The higher up in a company you go, the less stressed you become. It might sound counter-intuitive, but according to a Harvard study, leaders are less stressed out than their teams. And that’s largely down to a sense of control. 

A feeling of powerlessness over work assignments, relationships with colleagues or your career direction in general can cause emotional stress, a lack of motivation and symptoms of anxiety and burnout. 

To keep your team brimming with vim, it’s a good idea to promote a sense of autonomy over how, where and when they get their work done, as well as an influence on (or at least a good understanding of) big company decisions. 

Quick wins for helping your team feel more in control: 

  • Offer flexible hours so that people can work when they feel most productive, and fit their working day around other responsibilities. 
  • Implement (paid) mental health days to let people reset when needed.
  • Communicate clearly why company decisions are being made, and invite input from team members when their roles are directly affected.
  • Empower managers to help people grow in the direction they choose.
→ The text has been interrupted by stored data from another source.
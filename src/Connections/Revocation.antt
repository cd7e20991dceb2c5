-- ===== src/Connections/Revocation.antt =====
-- What `revoke` and `revoke_all_for_instance` of connections_service.py do.
use lehen.Prelude.{
  ℕ, ◌+◌, String, Bool, false, Option, none, some, List, [], ◌∷◌, ◌≡◌, refl, sym, ◌∙◌, ap, map,
  arith, count_if, filter, length, ◌==◌, if◌then◌else◌,
}
use lehen.Prelude.Effects.{Result, ok, err, connection_not_found}
use lehen.Prelude.Marked.{mark, map-mark_nil, filter-mark, HasDistinctIds, map-mark-filter}
use lehen.Arcade.{Arcade, select}
use lehen.Hub.{Connection, disconnected, CurrentUser, World, Host}
use lehen.Connections.Rows.{is_empty}
use lehen.Connections.Grant.{disconnect, revoke_rows, is_target, revoke}
use lehen.Connections.Cascade.{wipe, wipe_found, wipe_rows, is_active_on, revoke_all_for_instance}
use lehen.Connections.Loops.{
  id_of, is_consent, instances-wipe_rows, rows-revoke_rows, ok-revoke_rows, consents-revoke_rows,
  rows-wipe_rows, ok-wipe_rows, consents-wipe_rows,
}

disconnect-is_target :
    (sub instance_id : String) (ext : Option String) (ts : ℕ) (c : Connection)
    → is_target sub instance_id ext (disconnect ts c) ≡ false
disconnect-is_target sub instance_id none ts c = ground arith
disconnect-is_target sub instance_id (some ext) ts c = ground arith

wipe-is_active_on :
    (instance_id reason : String) (ts : ℕ) (c : Connection)
    → is_active_on instance_id (wipe ts reason c) ≡ false
unfolding wipe
wipe-is_active_on instance_id reason ts c = ground arith

module _ (arcade : Arcade) (host : Host) (days : ℕ) where
  open arcade use {rows}

  module _ (user : CurrentUser) (instance_id : String) (external_subject request_id : Option String)
      (w : World arcade) where
    abbrev target : Connection → Bool
    target = is_target user.sub instance_id external_subject

    abbrev pub revoked : Result (Unit {0}) × World arcade
    revoked = revoke arcade host days user instance_id external_subject request_id w

    -- With no active connection to revoke, the user's call is refused and changes nothing.
    pub revoke_refused :
        select arcade target w.connections ≡ [] → revoked ≡ (err connection_not_found, w)
    unfolding revoke
    revoke_refused none_active = rw none_active refl

    module _ (found : is_empty (select arcade target w.connections) ≡ false) where
      abbrev targets : List Connection
      targets = select arcade target w.connections

      abbrev started : World arcade
      started = record w { readings = w.readings + 1 }

      revoke_runs :
          revoked
          ≡ revoke_rows arcade host days user instance_id request_id
              (host.clock w.readings)
              targets
              started
      unfolding revoke
      revoke_runs = rw found refl

      pub rows-revoke :
          rows revoked.1.connections
          ≡ map (mark id_of (disconnect (host.clock w.readings)) targets) (rows w.connections)
      rows-revoke = rw revoke_runs (
          rows-revoke_rows arcade host days user instance_id request_id (host.clock w.readings)
            targets started)

      -- Where the user has active connections to revoke, the call succeeds, none of them
      -- is active afterwards, and each has left one consent event of the user.
      pub revoke_complete :
          (revoked.0 ≡ ok tt)
          × (select arcade target revoked.1.connections ≡ [])
          × (count_if (is_consent user.sub "revoked") (rows revoked.1.consents)
              ≡ length targets + count_if (is_consent user.sub "revoked") (rows w.consents))
      revoke_complete =
          let ts : ℕ = host.clock w.readings in
          let r =
            rows-revoke_rows arcade host days user instance_id request_id ts targets started in
          rw revoke_runs (
            ok-revoke_rows arcade host days user instance_id request_id ts targets started,
            ap (filter target) r
                ∙ filter-mark id_of target (disconnect ts)
                    (disconnect-is_target user.sub instance_id external_subject ts)
                    (rows w.connections),
            consents-revoke_rows arcade host days user instance_id request_id ts targets started,
          )

      -- Where the user has active connections to revoke and no two connections share an
      -- id, the call gives exactly these the status disconnected and the time of the call as
      -- the end, keeps all else in them, and changes no other row.
      pub revoke_exact :
          HasDistinctIds id_of (rows w.connections)
          → rows revoked.1.connections
            ≡ map
                (λ c.
                  if target c
                  then record c {
                    status = disconnected;
                    disconnected_at = some (host.clock w.readings);
                  }
                  else c)
                (rows w.connections)
      revoke_exact distinct =
          let ts : ℕ = host.clock w.readings in
          rw revoke_runs (
            rows-revoke_rows arcade host days user instance_id request_id ts targets started
            ∙ map-mark-filter id_of target (disconnect ts) (rows w.connections) distinct)

  module _ (reason : String) (request_id : Option String) where
    -- What the call does with the rows that it found.
    pub wipe_found_lem :
        (targets : List Connection) (w : World arcade)
        → let (r, w') = wipe_found arcade host days reason request_id targets w in
          (r ≡ ok (length targets))
          × (rows w'.connections
              ≡ map (mark id_of (wipe (host.clock w.readings) reason) targets) (rows w.connections))
          × ((sub : String)
              → count_if (is_consent sub reason) (rows w'.consents)
                ≡ count_if (λ c. c.user_sub == sub) targets
                  + count_if (is_consent sub reason) (rows w.consents))
    unfolding wipe_found wipe_rows
    wipe_found_lem [] w = (
      refl,
      sym (map-mark_nil id_of (wipe (host.clock w.readings) reason) (rows w.connections)),
      λ sub. omega arith,
    )
    wipe_found_lem (row ∷ rest) w =
        let ts : ℕ = host.clock w.readings in
        let w₀ : World arcade = record w { readings = w.readings + 1 } in
        rw (ok-wipe_rows arcade host days ts reason request_id (row ∷ rest) w₀) (
          refl,
          rows-wipe_rows arcade host days ts reason request_id (row ∷ rest) w₀,
          λ sub. consents-wipe_rows arcade host days ts reason request_id sub (row ∷ rest) w₀,
        )

    instances-found :
        (targets : List Connection) (w : World arcade)
        → (wipe_found arcade host days reason request_id targets w).1.instances ≡ w.instances
    unfolding wipe_found wipe_rows
    instances-found [] w = refl
    instances-found (row ∷ rest) w =
        let ts : ℕ = host.clock w.readings in
        let w₀ : World arcade = record w { readings = w.readings + 1 } in
        rw (ok-wipe_rows arcade host days ts reason request_id (row ∷ rest) w₀)
          (instances-wipe_rows arcade host days ts reason request_id (row ∷ rest) w₀)

    pub instances-revoke_all :
        (instance_id : String) (w : World arcade)
        → (revoke_all_for_instance arcade host days instance_id reason request_id w).1.instances
          ≡ w.instances
    unfolding revoke_all_for_instance
    instances-revoke_all instance_id w =
        instances-found (select arcade (is_active_on instance_id) w.connections) w

    -- An admin's revocation always succeeds with the number of active connections on the
    -- instance; none is active afterwards, and each user has as many more consent events
    -- with this reason as they had such connections.
    pub revoke_all_complete :
        (instance_id : String) (w : World arcade)
        → let (r, w') = revoke_all_for_instance arcade host days instance_id reason request_id w in
          let found = select arcade (is_active_on instance_id) w.connections in
          (r ≡ ok (length found))
          × (select arcade (is_active_on instance_id) w'.connections ≡ [])
          × ((sub : String)
              → count_if (is_consent sub reason) (rows w'.consents)
                ≡ count_if (λ c. c.user_sub == sub) found
                  + count_if (is_consent sub reason) (rows w.consents))
    unfolding revoke_all_for_instance
    revoke_all_complete instance_id w =
        let found = select arcade (is_active_on instance_id) w.connections in
        let (answered, marked, logged) = wipe_found_lem found w in
        (
          answered,
          ap (filter (is_active_on instance_id)) marked
              ∙ filter-mark id_of (is_active_on instance_id) (wipe (host.clock w.readings) reason)
                  (wipe-is_active_on instance_id reason (host.clock w.readings))
                  (rows w.connections),
          logged,
        )

    -- Where no two connections share an id, an admin's revocation gives exactly the active
    -- connections on the instance the status disconnected, the time of the call as the end and as
    -- the time of the revocation, its reason, and no credentials any more; it keeps all else in
    -- them, and changes no other row.
    pub revoke_all_exact :
        (instance_id : String) (w : World arcade)
        → HasDistinctIds id_of (rows w.connections)
        → rows
            (revoke_all_for_instance arcade host days instance_id reason request_id w).1.connections
          ≡ map
              (λ c.
                if is_active_on instance_id c
                then record c {
                  encrypted_credentials = none;
                  status = disconnected;
                  disconnected_at = some (host.clock w.readings);
                  revoked_by = some reason;
                  revoked_at = some (host.clock w.readings);
                }
                else c)
              (rows w.connections)
    unfolding revoke_all_for_instance wipe
    revoke_all_exact instance_id w distinct =
        (wipe_found_lem (select arcade (is_active_on instance_id) w.connections) w).1
        ∙ map-mark-filter id_of (is_active_on instance_id) (wipe (host.clock w.readings) reason)
            (rows w.connections) distinct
Listen to requests for work assignments and involve the team when working out project timelines and responsibilities. 
  • When promoting someone internally, make sure the new job role is actually a good fit for that person. Don’t assume a ‘step up’ is what everyone craves. 

Resources:

5. Give people support (emotional wellbeing)

As a manager, it’s easier to provide professional feedback and guidance than it is emotional support. That’s because (in most cases) we’ve worked our way up to a management role and we’re familiar enough with the work our team is doing to give direction and advice. But no one teaches us how to cope with the emotional labour that comes along with a management position. 

One in three employees say mental health support from their company was lacking over the last 12 months, and a massive four out of every five managers felt ill-equipped to deal with the mental health issues of their direct reports.

Empowering your managers through proper mental health training and external resources to signpost their team towards is one of the best ways you can support people’s wellbeing and boost productivity at work. Even opening up conversations about mental health can make a world of difference to someone who’s struggling.  

Quick wins for adding mental health support at work:

  • If you have a budget to invest in your team’s physical health (like a subsidised gym membership or private medical insurance) then consider creating a budget specifically for mental health, too. You’d be surprised at the return on investment. 
  • Choose an external resource that suits your setup. There’s no use investing in a workplace counsellor to come to the office if most of your team works remotely. 
  • Train dedicated Mental Health First Aiders to spot early signs of mental ill-health in others. 
  • Find a way to get people thinking about how they feel regularly (we use Spill’s Safety Net feature.)
  • Encourage your managers to share their experiences in a regular catch-up. It’s likely that the issues they’re trying to solve alone have been addressed before in the business.